Mr Giles broke into poetry again. ‘I am thankful to heaven for paying part of a longstanding debt, but it owes me more showers yet.’
We slept little and spent the time watching the rain and checking it was running into the canvas troughs and into the wells.
By breakfast time the rain had stopped. Mr Tietkens told of their search for a depot in the north. ‘We found a native well but it only had a bucketful of water.’ He looked pointedly at Mr Giles as he said this. Mr Giles just raised his eyebrows and smiled. Rain always put him in a good humour.
‘We came across some natives camped in a valley and wanted to ask them where water was, but the people were so frightened they ran off, making loud cries. We followed the valley northwards for six miles but couldn’t find the water supply.’
Jess Young cut in: ‘It was there that those natives who had been so shy came howling after us making a dreadful racket. They had war paint on, and brandished spears, so they meant mischief. They even fired the grass on either side of us. I was sure they were going to kill us.’ He glared at Tommy but Tommy grinned as though he’d never heard of a spear before.
Mr Tietkens took up the story. ‘We managed to get away without having an encounter although we fired two shots. We even tried again to talk to the natives but to no avail.’
The officers hadn’t sighted the Musgrave Ranges and since they could see no sign of water they had returned by a different route.
‘Perhaps you could have found water if given more time,’ Mr Giles said.
There was a silence. Was Mr Giles saying they hadn’t tried hard enough? Mr Tietkens chose not to take offence. ‘I am sure the area is watered by native wells,’ he said in an even tone.
We were all quiet after Mr Giles had told our story as well. If people lived in the area there must be water. But where?
What if there was no water left at the dam we had found, if it had evaporated? At least we would have enough with us to reach there, but what then? I found myself praying like Alec, in my head, without taking my prayer mat out.
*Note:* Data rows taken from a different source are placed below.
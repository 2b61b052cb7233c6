-- ===== src/Process/Schedule/Choice.antt =====
-- FindEligibleProcess: which process runs next, and when the time slices start again.
use haoud_os.Base.{
  ℕ, zero, suc, ◌+◌, ◌<◌, ◌≡◌, ◌≢◌, inl, inr, true, false, none, some, List, [], ◌∷◌, map, length,
  get_or, arith, refl, ap, sym, Bool-cases, Option-cases,
}
use haoud_os.Process.Task.{Process, zero_process, Table, entry, size}
use haoud_os.Process.Schedule.{
  eligible, find_ready, refill, keeps_running, find_after_refill, find_eligible_process,
}

-- The entry found is eligible.
pub find_ready-some :
    (i : ℕ) (ps : List Process) (j : ℕ)
    → find_ready i ps ≡ some j
    → (k : ℕ) × (j ≡ i + k) × (k < length ps) × (eligible (get_or ps k zero_process) ≡ true)
unfolding find_ready
find_ready-some i [] j e = absurd (ground arith)
find_ready-some i (p ∷ ps) j e = elim (Bool-cases (eligible p)) [
  | inl y ↦ (0, ground arith, omega arith, y)
  | inr n ↦
      let (k, ej, hk, y) = find_ready-some (i + 1) ps j (rw (n) at e) in
      (suc k, omega arith, omega arith, y)
]

none≢some : (i : ℕ) → some i ≢ none
none≢some i e = absurd (ground arith)

none_head_tail :
    (p : Process) (ps : List Process)
    → eligible p ≡ false
    → ((k : ℕ) → eligible (get_or ps k zero_process) ≡ false)
    → (k : ℕ) → eligible (get_or (p ∷ ps) k zero_process) ≡ false
none_head_tail p ps n rest zero = n
none_head_tail p ps n rest (suc k) = rest k

pub find_ready-none :
    (i : ℕ) (ps : List Process)
    → find_ready i ps ≡ none
    → (k : ℕ) → eligible (get_or ps k zero_process) ≡ false
unfolding find_ready
find_ready-none i [] e k = refl
find_ready-none i (p ∷ ps) e k = elim (Bool-cases (eligible p)) [
  | inl y ↦ absurd (none≢some i (rw (y) at e))
  | inr n ↦ none_head_tail p ps n (find_ready-none (i + 1) ps (rw (n) at e)) k
]

abbrev pub refilled : Table → Table
refilled t = record t { process_list = map refill t.process_list }

abbrev pub NoneEligible : Table → Type 0
NoneEligible t = (k : ℕ) → eligible (entry t k) ≡ false

-- Which process comes after the current one, and what the choice does to the table.
pub data Chosen (t : Table) : ℕ → Table → Type 0 where
  keeps : keeps_running (entry t t.current) ≡ true → Chosen t t.current t
  found :
      (p : ℕ)
      → keeps_running (entry t t.current) ≡ false
      → p < size t
      → eligible (entry t p) ≡ true
      → Chosen t p t
  found_refilled :
      (p : ℕ)
      → keeps_running (entry t t.current) ≡ false
      → NoneEligible t
      → p < size t
      → eligible (entry (refilled t) p) ≡ true
      → Chosen t p (refilled t)
  nobody :
      keeps_running (entry t t.current) ≡ false
      → NoneEligible t
      → NoneEligible (refilled t)
      → Chosen t t.current (refilled t)

pub get_or-map :
    (f : Process → Process) (ps : List Process) (i : ℕ)
    → f zero_process ≡ zero_process
    → get_or (map f ps) i zero_process ≡ f (get_or ps i zero_process)
get_or-map f [] i e = sym e
get_or-map f (p ∷ ps) zero e = refl
get_or-map f (p ∷ ps) (suc i) e = get_or-map f ps i e

pub length-map : (f : Process → Process) (ps : List Process) → length (map f ps) ≡ length ps
length-map f [] = refl
length-map f (p ∷ ps) = ap suc (length-map f ps)

at_index :
    (ps : List Process) (k j : ℕ)
    → k ≡ j
    → eligible (get_or ps k zero_process) ≡ true
    → eligible (get_or ps j zero_process) ≡ true
at_index ps k j e y = rw (sym e) y

found_at :
    (ps : List Process) (j : ℕ)
    → find_ready 0 ps ≡ some j
    → (j < length ps) × (eligible (get_or ps j zero_process) ≡ true)
found_at ps j e =
    let (k, ej, hk, y) = find_ready-some 0 ps j e in (omega arith, at_index ps k j (omega arith) y)

find_after_refill_lem :
    (t : Table)
    → keeps_running (entry t t.current) ≡ false
    → NoneEligible t
    → let (p, t') = find_after_refill t in Chosen t p t'
find_after_refill_lem t n none_eligible =
    elim (Option-cases (find_ready 0 (map refill t.process_list))) [
      | inl e ↦
          rw (find_after_refill, e)
            (nobody n none_eligible (find_ready-none 0 (map refill t.process_list) e))
      | inr (j, e) ↦
          let (hj, y) = found_at (map refill t.process_list) j e in
          rw (find_after_refill, e)
            (found_refilled j n none_eligible (omega (arith, length-map refill t.process_list)) y)
    ]

find_lem :
    (t : Table)
    → keeps_running (entry t t.current) ≡ false
    → let (p, t') = find_eligible_process t in Chosen t p t'
unfolding find_eligible_process
find_lem t n = elim (Option-cases (find_ready 0 t.process_list)) [
  | inl e ↦ rw (n, e) (find_after_refill_lem t n (find_ready-none 0 t.process_list e))
  | inr (j, e) ↦ let (hj, y) = found_at t.process_list j e in rw (n, e) (found j n hj y)
]

-- The current process goes on while it runs and has time left. Otherwise the process chosen is ready
-- with time left; the time slices start again only if there is no such process, and the current one
-- is returned only if there is none after that either.
pub find_eligible_process_lem : (t : Table) → let (p, t') = find_eligible_process t in Chosen t p t'
unfolding find_eligible_process
find_eligible_process_lem t = elim (Bool-cases (keeps_running (entry t t.current))) [
  | inl y ↦ rw (y) (keeps y)
  | inr n ↦ find_lem t n
]

-- What the choice leaves: the current process, the size of the table, and a process that is in it.
pub Chosen-bounds :
    (t : Table) (p : ℕ) (t' : Table)
    → Chosen t p t'
    → t.current < size t
    → (t'.current ≡ t.current) × (size t' ≡ size t) × (p < size t)
Chosen-bounds t _ _ (keeps y) h = (refl, refl, h)
Chosen-bounds t _ _ (found p n hp y) h = (refl, refl, hp)
Chosen-bounds t _ _ (found_refilled p n absent hp y) h =
    (refl, length-map refill t.process_list, hp)
Chosen-bounds t _ _ (nobody n absent absent') h = (refl, length-map refill t.process_list, h)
We left Ooldabinna on the twenty-fourth day of August. Wild Gazelle, the pack cow we had taken west, and Malik were listless after the long trek with little water. ‘Watch them for fatigue,’ Padar said. ‘If they can’t keep up we will have to stop the string to put them at the end.’
The string was now divided into three. Behind Padar on Roshni were the three bulls – Malik, Rajah and Asif – loaded with water casks of thirty gallons. They crashed and smashed through the undergrowth and made a pathway for the others. After the first six camels there was a break and one of the party rode ahead of the next six. The steersman with the compass rode and guided the whole string but if the scrub was too thick the steersman walked. Mr Giles had taught three of the men to steer with the compass: Mr Teitkens, Jess Young and Alec. They took an hour each.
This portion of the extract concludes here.